In the entries below, find the lines that include "passed" and give their number as the whole reply.

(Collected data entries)
"""
-- ===== src/RouteCache/Usable.antt =====
-- firmware_core/route_cache.c: what a next hop that route_cache_best_hop selects can rely on.
use rivr.Common.{ℕ, suc, refl, sym, ap, subst, inl, inr, Bool, true, false, not, Option}
use rivr.Common.{none, some, List, [], arith, ltb, leb, ltb→lt, Bool-cases, Option-cases}
use rivr.Common.{length, get_or, All, sub32, ◌+◌, ◌<◌, ◌≡◌, ◌∙◌, ◌≢◌, ◌⊎◌, ◌||◌, ◌∷◌}
use rivr.Common.{◌==◌}
use rivr.Metrics.{Metrics}
use rivr.Neighbor.{Table}
use rivr.RouteCache.Forwarder.{IsSized, IsForwarder, forwarder-IsForwarder}
use rivr.RouteCache.Refreshed.{search-IsRefresh}
use rivr.RouteCache.{Entry, Cache, empty, is_valid}
unfoldable use rivr.RouteCache.{expire_entry}
use rivr.RouteCache.BestHop.{BestRoute, Search, is_pending}
unfoldable use rivr.RouteCache.BestHop.{entry_composite_score, weigh, search, forwarder, best_hop}

-- An entry of the cache is a valid route to the destination, settled and less than two minutes old.
pub record IsUsable (entries : List Entry) (dst_id now_ms : ℕ) (e : Entry) : Type 0 where
  pub slot : ℕ
  pub slot_in : slot < length entries
  pub stands : get_or entries slot empty ≡ e
  pub destination : e.dst_id ≡ dst_id
  pub valid : is_valid e ≡ true
  pub settled : is_pending e ≡ false
  pub fresh : sub32 now_ms e.last_seen_ms < 120000

abbrev pub Chosen : {A : Type 0} → (A → Type 0) → Option A → Type 0
Chosen P none = Unit
Chosen P (some a) = P a

-- An entry of the table at some place.
abbrev pub Member : List Entry → Entry → Type 0
Member whole e = (i : ℕ) × (i < length whole) × (get_or whole i empty ≡ e)

composite_score-fresh :
    (airtime_routing : Bool) (e : Entry) (ntbl : Option Table) (now_ms : ℕ)
    → 0 < (entry_composite_score airtime_routing e ntbl now_ms).1
    → sub32 now_ms e.last_seen_ms < 120000
unfolding entry_composite_score
composite_score-fresh airtime_routing e none now_ms h =
    elim (Bool-cases (leb 120000 (sub32 now_ms e.last_seen_ms))) [
      | inl old ↦ absurd (ground (arith, old, h))
      | inr young ↦ ground (arith, young)
    ]
composite_score-fresh airtime_routing e (some ntbl) now_ms h =
    elim (Bool-cases (leb 120000 (sub32 now_ms e.last_seen_ms))) [
      | inl old ↦ absurd (ground (arith, old, h))
      | inr young ↦ ground (arith, young)
    ]

weigh-Chosen :
    (airtime_routing : Bool) (whole : List Entry) (s : Search) (e : Entry) (dst_id now_ms : ℕ)
    → Member whole e
    → e.dst_id ≡ dst_id
    → is_valid e ≡ true
    → is_pending e ≡ false
    → Chosen (IsUsable whole dst_id now_ms) s.best_entry
    → Chosen (IsUsable whole dst_id now_ms) (weigh airtime_routing s e now_ms).best_entry
unfolding weigh
weigh-Chosen airtime_routing whole s e dst_id now_ms (i, lt, there) dst valid settled h =
    let sc = (entry_composite_score airtime_routing e s.ntbl now_ms).1 in
    elim (Bool-cases (ltb s.best_score sc)) [
      | inl more ↦
          let won = ltb→lt s.best_score sc more in
          rw more (record {
            slot = i;
            slot_in = lt;
            stands = there;
            destination = dst;
            valid = valid;
            settled = settled;
            fresh = composite_score-fresh airtime_routing e s.ntbl now_ms (omega arith);
          })
      | inr less ↦ rw less h
    ]

-- An entry that has not expired is left as it is.
expire_entry-stays :
    (e : Entry) (now_ms : ℕ) → (expire_entry e now_ms).1 ≡ false → (expire_entry e now_ms).0 ≡ e
unfolding expire_entry
expire_entry-stays e now_ms h = elim (Bool-cases (is_valid e)) [
  | inl v ↦ elim (Bool-cases (ltb 120000 (sub32 now_ms e.last_seen_ms))) [
    | inl old ↦ absurd (ground (arith, v, old, h))
    | inr young ↦ rw (v, young) refl
  ]
  | inr v ↦ rw v refl
]

search-Chosen :
    (airtime_routing : Bool) (whole es : List Entry) (s : Search) (dst_id now_ms : ℕ)
    → All (Member whole) es
    → Chosen (IsUsable whole dst_id now_ms) s.best_entry
    → Chosen (IsUsable whole dst_id now_ms) (search airtime_routing es s dst_id now_ms).1.best_entry
unfolding search
search-Chosen airtime_routing whole [] s dst_id now_ms all h = h
search-Chosen airtime_routing whole (e ∷ es) s dst_id now_ms all h =
    let e' = (expire_entry e now_ms).0 in
    let gone = (expire_entry e now_ms).1 in
    let passed = search-Chosen airtime_routing whole es s dst_id now_ms all.1 h in
    elim (Bool-cases (not (e.dst_id == dst_id) || (gone || (not (is_valid e') || is_pending e')))) [
      | inl skip ↦ rw skip passed
      | inr keep ↦
          let stayed : gone ≡ false = ground (arith, keep) in
          let same = expire_entry-stays e now_ms stayed in
          let valid : is_valid e' ≡ true = ground (arith, keep) in
          let settled : is_pending e' ≡ false = ground (arith, keep) in
          let dst : e.dst_id ≡ dst_id = ground (arith, keep) in
          let usable =
            weigh-Chosen airtime_routing whole s e' dst_id now_ms
              (subst (Member whole) (sym same) all.0) (ap (λ x. x.dst_id) same ∙ dst) valid settled
              h in
          rw keep (
            search-Chosen airtime_routing whole es (weigh airtime_routing s e' now_ms) dst_id now_ms
              all.1 usable)
    ]

All-Member :
    (es whole : List Entry) (offset : ℕ)
    → ((i : ℕ) → get_or whole (offset + i) empty ≡ get_or es i empty)
    → offset + length es ≡ length whole
    → All (Member whole) es
All-Member [] whole offset same size = tt
All-Member (e ∷ es) whole offset same size =
    let here : offset + 0 ≡ offset = omega arith in
    (
      (offset, omega arith, ap (λ k. get_or whole k empty) (sym here) ∙ same 0),
      All-Member es whole (suc offset)
          (λ i.
            let move : suc offset + i ≡ offset + suc i = omega arith in
            ap (λ k. get_or whole k empty) move ∙ same (suc i))
          (omega arith),
    )

-- What a selected route goes by: a usable entry, or a direct neighbour of sufficient score.
abbrev pub Basis : Bool → List Entry → Option Table → Option Table → ℕ → ℕ → BestRoute → Type 0
Basis airtime_routing entries ntbl ntbl' dst_id now_ms r =
    ((e : Entry) × IsUsable entries dst_id now_ms e
      × (r.next_hop_id ≡ e.next_hop)
      × (r.hop_count ≡ e.hop_count))
    ⊎ ((before : Table) × (after : Table) × (i : ℕ) × (ntbl ≡ some before)
        × (ntbl' ≡ some after)
        × IsForwarder airtime_routing now_ms before after r.next_hop_id i
        × (r.hop_count ≡ 2))

-- A route that route_cache_best_hop selects leads to the destination that was asked for, which is
-- not 0. Its next hop and hop count are those of a cache entry for the destination that is valid,
-- not pending and less than two minutes old; or its hop count is 2 and its next hop is a neighbour
-- that stands among the counted entries of the table that was passed, with a link score of at least
-- 20. In that case the table that is left differs from the one passed in flags only, and there the
-- neighbour is the one that neighbor_best returns and is marked as direct. The entries of the neighbour
-- table are at least as many as its count, if there is a table.
pub best_hop-Basis :
    (airtime_routing : Bool) (cache : Cache) (ntbl : Option Table) (m : Metrics) (dst_id now_ms : ℕ)
    → IsSized ntbl
    → let (cache', ntbl', m', found) = best_hop airtime_routing cache ntbl m dst_id now_ms in
      Chosen
        (λ r.
          (dst_id ≢ 0)
          × (r.dest_id ≡ dst_id)
          × Basis airtime_routing cache.entries ntbl ntbl' dst_id now_ms r)
        found
unfolding best_hop
best_hop-Basis airtime_routing cache ntbl m dst_id now_ms sized =
    let start : Search = record { ntbl = ntbl; best_entry = none; best_score = 0 } in
    let s = (search airtime_routing cache.entries start dst_id now_ms).1 in
    let all =
      All-Member cache.entries cache.entries 0
        (λ i. let e : 0 + i ≡ i = omega arith in ap (λ k. get_or cache.entries k empty) e)
        (omega arith) in
    let chosen =
      search-Chosen airtime_routing cache.entries cache.entries start dst_id now_ms all tt in
    let fresh = search-IsRefresh airtime_routing cache.entries start dst_id now_ms in
    elim (Bool-cases (dst_id == 0)) [
      | inl z ↦ rw z tt
      | inr nz ↦
          let some_dst : dst_id ≢ 0 = ground (arith, nz) in
          elim (Option-cases s.best_entry) [
            | inr (e, there) ↦
                let usable : IsUsable cache.entries dst_id now_ms e = rw there at chosen in
                rw (nz, there) (some_dst, refl, inl (e, usable, refl, refl))
            | inl gone ↦ elim (Option-cases (forwarder airtime_routing s.ntbl now_ms)) [
              | inl nothing ↦ rw (nz, gone, nothing) tt
              | inr (nb, there) ↦
                  let (t0, t, i, was, is, ok) =
                    forwarder-IsForwarder airtime_routing ntbl s.ntbl now_ms nb sized fresh there in
                  rw (nz, gone, there) (some_dst, refl, inr (t0, t, i, was, is, ok, refl))
            ]
          ]
    ]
"""
Task output: 4